The distinction between macro- and microscale processes is not trivial experimentally, because there is no clear separation in the spatial scales of turbulence. Our approach in this series is rather based on the differentiation between two concepts for generating concentration heterogeneities: evaporation following mixing with dry air and droplet inertial coupling with turbulence. Mixing processes involve fluctuations of supersaturation associated with the entrainement of dry air from the environment. They act down to the Kolmogorov microscale but they do not involve coupling between droplet inertia and turbulence. In contrast inertial coupling and the resulting preferential concentration are associated to large centrifugal accelerations that are effective only at the microscale, but they do not involve fluctuations of the air properties. Our approach is thus based on the following assumption: if microscale inertial coupling processes had a significant contribution to DSB, it should not be possible to observe narrow spectra, in regions that are not affected by mixing processes, especially after more than a kilometer of convective lifting. Our objective in this first part of the series is thus to identify the narrowest spectra measured in the upper part of cumulus clouds sampled during SCMS and to characterize their DSB with respect to initial spectra measured slightly above cloud base and translated adiabatically by the value β2A corresponding to the observation level.

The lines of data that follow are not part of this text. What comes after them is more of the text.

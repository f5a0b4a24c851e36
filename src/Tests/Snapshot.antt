-- ===== src/Tests/Snapshot.antt =====
-- A check's announcement, and a snapshot, on concrete inputs.
use mathlib.Core.List.{Memᴰ}
use heyfil.Base.{
  count_if, ltb, if◌then◌else◌, is_some, nat_eq, string_eq, ◌≤◌, String, ◌≡◌, ◌↔◌, true, ◌||◌, none,
  some, [], ◌∷◌, arith, ℕ_discrete,
}
use heyfil.Base.Int.{int_dec, FitsInt64, pos, int_eq}
use heyfil.Base.Result.{Error, message}
use heyfil.Base.Dict.{Dict, lookup, or_zero}
use heyfil.Metrics.Snapshot.{fil_storage_market_1_2_0, snapshot, is_addressable}
use heyfil.Metrics.Report.{
  labelled, report_async_metrics, count, no_ratio, raw_power_reading, quotient,
  participant_coverage,
}
use heyfil.Metrics.Report.Statuses.{status-report}
use heyfil.Metrics.Instruments.{participants_by_status}
use heyfil.Metrics.Label.{target_status_to_attribute}
use heyfil.Target.Bookkeeping.{check-Kept, is_failure}
use heyfil.DealCounts.{get_deal_counts}
use heyfil.FilClient.{state_miner_info}
use heyfil.Target.{Target, Status}
use heyfil.Target.Check.{check}
use heyfil.Target.Effects.{MakesRequests}
use heyfil.Target.Effects.Sent.{Sent, check-Sent}
use heyfil.Metrics.Snapshot.Counts.{of_status, dealing, known, snapshot-counts}
use heyfil.Metrics.Snapshot.Unindexed.{is_noted}
use heyfil.Metrics.Report.Unindexed.{reports_unindexed, unindexed-report}
use heyfil.Tests.World.{demo, net, opts, miner, targets, no_metrics}
use heyfil.Metrics.Report.Power.{raw_power-report, sum_raw_power}
use heyfil.Metrics.Report.Coverage.{participant_coverage-snapshot}

net-MakesRequests : MakesRequests net
net-MakesRequests = λ r q e. cc

check-Sent_example :
    Sent net opts net-MakesRequests (state_miner_info net "f01000").0 (check net opts [] miner)
check-Sent_example = check-Sent net opts net-MakesRequests [] miner

snapshot-counts_example :
    ((s : Status)
      → or_zero (pos 0) (lookup s (snapshot targets no_metrics).counts_by_status)
        ≡ pos (count_if (λ e. of_status s e.1) targets))
    × ((snapshot targets no_metrics).total_addressable_participants
        ≡ pos (count_if (λ e. is_addressable e.1) targets))
    × ((snapshot targets no_metrics).total_addressable_participants_with_non_zero_deals
        ≡ pos (count_if (λ e. dealing e.1) targets))
    × ((snapshot targets no_metrics).total_participants_known_by_indexer
        ≡ pos (count_if (λ e. known e.1) targets))
snapshot-counts_example = snapshot-counts targets no_metrics (omega arith)

unindexed-report_example :
    reports_unindexed "f02000" (report_async_metrics (snapshot targets no_metrics))
    ≡ (reports_unindexed "f02000" (report_async_metrics no_metrics) || is_noted "f02000" targets)
unindexed-report_example = unindexed-report "f02000" targets no_metrics

participant_coverage-snapshot_example :
    (participant_coverage (snapshot targets no_metrics) ≡ (
      if ltb 0 (count_if (λ e. dealing e.1) targets)
      then quotient
          (pos (count_if (λ e. known e.1) targets))
          (pos (count_if (λ e. dealing e.1) targets))
      else no_ratio))
    × (count_if (λ e. known e.1) targets ≤ count_if (λ e. dealing e.1) targets)
participant_coverage-snapshot_example =
    participant_coverage-snapshot targets no_metrics (omega arith)

abbrev powered : Dict String Target
powered =
    (
      "f01000",
      record miner {
        protocols = fil_storage_market_1_2_0 ∷ [];
        state_miner_power = some (record {
          miner_power = record { raw_byte_power = "1024"; quality_adj_power = "2048" };
          total_power = record { raw_byte_power = "1024"; quality_adj_power = "2048" };
          has_min_power = true;
        });
      },
    )
    ∷ []

raw_power-report_example :
    FitsInt64 (sum_raw_power powered (pos 0))
    ↔ (raw_power_reading (snapshot powered no_metrics) ≡ count (sum_raw_power powered (pos 0)))
raw_power-report_example = raw_power-report powered no_metrics

check-Kept_example :
    let t' = (check net opts [] miner).0 in
    let counts = get_deal_counts [] miner.id in
    (t'.id ≡ miner.id)
    × (t'.deal_count ≡ counts.count)
    × (t'.deal_count_within_day ≡ counts.count_within_day)
    × (t'.deal_count_within_week ≡ counts.count_within_week)
    × (t'.last_checked ≡ some net.now)
    × (is_some t'.error ≡ is_failure t'.status)
    × ((e : Error) → t'.error ≡ some e → t'.err_message ≡ message e)
    × (t'.error ≡ none → t'.err_message ≡ miner.err_message)
check-Kept_example = check-Kept net opts [] miner

status-report_example :
    Memᴰ
      (record {
        gauge = participants_by_status;
        reading = count (pos (count_if (λ e. of_status (pos 1) e.1) targets));
        attributes = labelled "status" (target_status_to_attribute (pos 1)) ∷ [];
      })
      (report_async_metrics (snapshot targets no_metrics))
unfolding int_dec ℕ_discrete
status-report_example = status-report targets no_metrics (pos 1) (omega arith) (omega arith)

Figure 2 shows time series of droplet number concentration, of the droplet spectrum, and of LWC (=ρaqa) along a cloud traverse. The droplet spectrum is represented by the 10% percentiles (dashed line), from 10% to 90%. The p percentile ϕp is the value of droplet diameter such that p% of the total number of droplets have a diameter smaller than ϕp. Superimposed with solid lines are the mean, the mean volume, and the effective diameters. Percentiles close to each other reflect a narrow spectrum. For example, in the subsection indicated by vertical bars in the figure, 80% of the droplets (from 10% to 90%) have a diameter between 23 and 30 μm. The procedure thus consists in the selection of cloud traverses showing subsections with narrow spectra, such as in Fig. 2. Droplet measurements are then cumulated over each subsection to build the mean ϕ2 distribution over that section. This procedure has been used to select 50 samples within the SCMS dataset.

Figure 3 shows an example of a narrow spectrum (solid line) in linear (top) and log (bottom) scales, measured at the altitude z = 2188 m. The dot-dashed line shows the initial spectrum, as it has been measured slightly above cloud base, at the altitude z0 = 715 m (left) and after a translation (right) of β2A(zz0) derived from calculations of the adiabatic LWR between those two levels and Eq. (3). Considering the extent of the ascent (from 715 to 2188 m), the observed spectrum is remarkably narrow, but still broader than the adiabatic reference. Its mode is slightly smaller than the mode of the reference spectrum. In particular, at ϕ2 values larger than 800 μm2, the concentration density in the observed spectrum becomes larger than in the reference. Concentration density values larger than 0.01 cm−3 μm−2 are measured up to ϕ2 = 1400 μm2, while the density in the reference falls below this value at ϕ2 = 900 μm2. The interpretation of such a feature as DSB and superadiabatic droplet growth is however limited by instrumental artifacts.

4. Instrumental limitations

The characterization of narrow spectra with the current droplet spectrometer (FSSP-100) is difficult for three reasons: (i) droplet spectra are highly variable in clouds and regions of narrow spectra are short. A spectrum obtained by droplet counting over a long heterogeneous region is always broader than spectra observed at a smaller scale. Such a feature due to a sampling artifact has no meaning for the collision-coalescence process whose efficiency is only determined by the local properties of the spectra at the microscale; (ii) the size resolution of the instrument (3 μm in diameter) is of the same order of magnitude as the width of the reference spectrum; (iii) coincidences of droplets in the detection beam of the FSSP-100 broaden artificially the spectra toward larger sizes.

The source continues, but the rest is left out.